From the first line to the last, return the data exactly as written.
::::::::::
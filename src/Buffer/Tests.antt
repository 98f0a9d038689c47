-- ===== src/Buffer/Tests.antt =====
-- Runs of the buffer, and its theorems at concrete inputs.
use learnuv.Base.{
  ◌≤◌, ◌<◌, ◌≡◌, refl, inl, ◌↔◌, [], ◌∷◌, ◌++◌, arith, Bytes, codes, length, drop, assertion, ok,
  fail, ◌⊎◌, none, some, List,
}
use learnuv.Base.Word.{be32_value}
use learnuv.Buffer.{
  Buffer, new, swap, retrieve, retrieve_as_string, append, read_uint32, write_uint32,
}
use learnuv.Buffer.Inv.{IsValid, contents, new-IsValid}
use learnuv.Buffer.Append.{append_lem, append_aborts_iff}
use learnuv.Buffer.Retrieve.{retrieve_lem, retrieve_as_string_splits}
use learnuv.Buffer.Words.{read_uint32_lem, read_uint32-write_uint32}
use learnuv.Buffer.Calls.{
  Call, put, take_front, put_word, take_word, look_at_word, drop_word, Answer, calls, queues,
}
use learnuv.Buffer.Calls.Refine.{calls-queues}

-- Eight bytes of memory, of which 2 to 4 are readable.
abbrev used : Buffer
used = record { buffer = 1 ∷ 2 ∷ 3 ∷ 4 ∷ 5 ∷ 0 ∷ 0 ∷ 0 ∷ []; reader_index = 2; writer_index = 5 }

abbrev used_IsValid : IsValid used
used_IsValid = omega arith

append_grows :
    append used (codes "abcdef") 6
    ≡ ok (record {
      buffer = 1 ∷ 2 ∷ 3 ∷ 4 ∷ 5 ∷ codes "abcdef";
      reader_index = 2;
      writer_index = 11;
    })
unfolding append
append_grows = refl

append_stops : append used (codes "abcd") 4 ≡ fail assertion
unfolding append
append_stops = refl

swap_runs : (swap used (new 2)).0 ≡ new 2
unfolding swap
swap_runs = refl

append_lem_run :
    (c : Buffer) × (append used (codes "ab") 2 ≡ ok c)
    × IsValid c
    × (contents c ≡ contents used ++ codes "ab")
    × (c.writer_index ≡ 7)
    × (8 ≤ length c.buffer)
    × (c.reader_index ≡ 2)
append_lem_run = append_lem (codes "ab") used_IsValid (inl (omega arith))

append_aborts_iff_example : (append used (codes "abcd") 4 ≡ fail assertion) ↔ ((3 < 4) × (4 ≤ 5))
append_aborts_iff_example = append_aborts_iff (codes "abcd") used_IsValid (omega arith)

retrieve_lem_run :
    (2 ≤ 3 → (c : Buffer) × (retrieve used 2 ≡ ok c) × IsValid c × (contents c ≡ 5 ∷ []))
    × (3 < 2 → retrieve used 2 ≡ fail assertion)
retrieve_lem_run = retrieve_lem 2 used_IsValid

retrieve_as_string_splits_run :
    (s : Bytes) × (c : Buffer) × (retrieve_as_string used 2 ≡ ok (s, c))
    × (length s ≡ 2)
    × (s ++ contents c ≡ 3 ∷ 4 ∷ 5 ∷ [])
    × IsValid c
retrieve_as_string_splits_run = retrieve_as_string_splits 2 used_IsValid (omega arith)

read_uint32_lem_run :
    (4 ≤ 3
      → (c : Buffer) × (read_uint32 used ≡ ok (be32_value (contents used), c))
        × IsValid c
        × (contents c ≡ drop 4 (contents used)))
    × (3 < 4 → read_uint32 used ≡ fail assertion)
read_uint32_lem_run = read_uint32_lem used_IsValid

read_uint32-write_uint32_run :
    (c d : Buffer) × (write_uint32 (new 8) 258 ≡ ok c)
    × (read_uint32 c ≡ ok (258, d))
    × (contents d ≡ [])
read_uint32-write_uint32_run =
    read_uint32-write_uint32 258 (new-IsValid 8 (omega arith)) refl (inl (omega arith))
      (omega arith)

abbrev some_calls : List Call
some_calls =
    put (codes "abc") ∷ put_word 258 ∷ take_front 3 ∷ look_at_word ∷ take_word ∷ drop_word ∷ []

calls-queues_example :
    ((answers : List Answer) × (c : Buffer) × (calls (new 16) some_calls ≡ ok (answers, c))
      × (queues [] some_calls ≡ some (answers, contents c))
      × IsValid c)
    ⊎ ((calls (new 16) some_calls ≡ fail assertion) × (queues [] some_calls ≡ none))
calls-queues_example = calls-queues (new 16) some_calls (new-IsValid 16 (omega arith)) (omega arith)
::::::::::
Solution for this problem -
filename src/Buffer/Tests.antt
repository 98f0a9d038689c47
-- ===== src/Buffer/Tests.antt =====
-- Runs of the buffer, and its theorems at concrete inputs.
use learnuv.Base.{
  ◌≤◌, ◌<◌, ◌≡◌, refl, inl, ◌↔◌, [], ◌∷◌, ◌++◌, arith, Bytes, codes, length, drop, assertion, ok,
  fail, ◌⊎◌, none, some, List,
}
use learnuv.Base.Word.{be32_value}
use learnuv.Buffer.{
  Buffer, new, swap, retrieve, retrieve_as_string, append, read_uint32, write_uint32,
}
use learnuv.Buffer.Inv.{IsValid, contents, new-IsValid}
use learnuv.Buffer.Append.{append_lem, append_aborts_iff}
use learnuv.Buffer.Retrieve.{retrieve_lem, retrieve_as_string_splits}
use learnuv.Buffer.Words.{read_uint32_lem, read_uint32-write_uint32}
use learnuv.Buffer.Calls.{
  Call, put, take_front, put_word, take_word, look_at_word, drop_word, Answer, calls, queues,
}
use learnuv.Buffer.Calls.Refine.{calls-queues}

-- Eight bytes of memory, of which 2 to 4 are readable.
abbrev used : Buffer
used = record { buffer = 1 ∷ 2 ∷ 3 ∷ 4 ∷ 5 ∷ 0 ∷ 0 ∷ 0 ∷ []; reader_index = 2; writer_index = 5 }

abbrev used_IsValid : IsValid used
used_IsValid = omega arith

append_grows :
    append used (codes "abcdef") 6
    ≡ ok (record {
      buffer = 1 ∷ 2 ∷ 3 ∷ 4 ∷ 5 ∷ codes "abcdef";
      reader_index = 2;
      writer_index = 11;
    })
unfolding append
append_grows = refl

append_stops : append used (codes "abcd") 4 ≡ fail assertion
unfolding append
append_stops = refl

swap_runs : (swap used (new 2)).0 ≡ new 2
unfolding swap
swap_runs = refl

append_lem_run :
    (c : Buffer) × (append used (codes "ab") 2 ≡ ok c)
    × IsValid c
    × (contents c ≡ contents used ++ codes "ab")
    × (c.writer_index ≡ 7)
    × (8 ≤ length c.buffer)
    × (c.reader_index ≡ 2)
append_lem_run = append_lem (codes "ab") used_IsValid (inl (omega arith))

append_aborts_iff_example : (append used (codes "abcd") 4 ≡ fail assertion) ↔ ((3 < 4) × (4 ≤ 5))
append_aborts_iff_example = append_aborts_iff (codes "abcd") used_IsValid (omega arith)

retrieve_lem_run :
    (2 ≤ 3 → (c : Buffer) × (retrieve used 2 ≡ ok c) × IsValid c × (contents c ≡ 5 ∷ []))
    × (3 < 2 → retrieve used 2 ≡ fail assertion)
retrieve_lem_run = retrieve_lem 2 used_IsValid

retrieve_as_string_splits_run :
    (s : Bytes) × (c : Buffer) × (retrieve_as_string used 2 ≡ ok (s, c))
    × (length s ≡ 2)
    × (s ++ contents c ≡ 3 ∷ 4 ∷ 5 ∷ [])
    × IsValid c
retrieve_as_string_splits_run = retrieve_as_string_splits 2 used_IsValid (omega arith)

read_uint32_lem_run :
    (4 ≤ 3
      → (c : Buffer) × (read_uint32 used ≡ ok (be32_value (contents used), c))
        × IsValid c
        × (contents c ≡ drop 4 (contents used)))
    × (3 < 4 → read_uint32 used ≡ fail assertion)
read_uint32_lem_run = read_uint32_lem used_IsValid

read_uint32-write_uint32_run :
    (c d : Buffer) × (write_uint32 (new 8) 258 ≡ ok c)
    × (read_uint32 c ≡ ok (258, d))
    × (contents d ≡ [])
read_uint32-write_uint32_run =
    read_uint32-write_uint32 258 (new-IsValid 8 (omega arith)) refl (inl (omega arith))
      (omega arith)

abbrev some_calls : List Call
some_calls =
    put (codes "abc") ∷ put_word 258 ∷ take_front 3 ∷ look_at_word ∷ take_word ∷ drop_word ∷ []

calls-queues_example :
    ((answers : List Answer) × (c : Buffer) × (calls (new 16) some_calls ≡ ok (answers, c))
      × (queues [] some_calls ≡ some (answers, contents c))
      × IsValid c)
    ⊎ ((calls (new 16) some_calls ≡ fail assertion) × (queues [] some_calls ≡ none))
calls-queues_example = calls-queues (new 16) some_calls (new-IsValid 16 (omega arith)) (omega arith)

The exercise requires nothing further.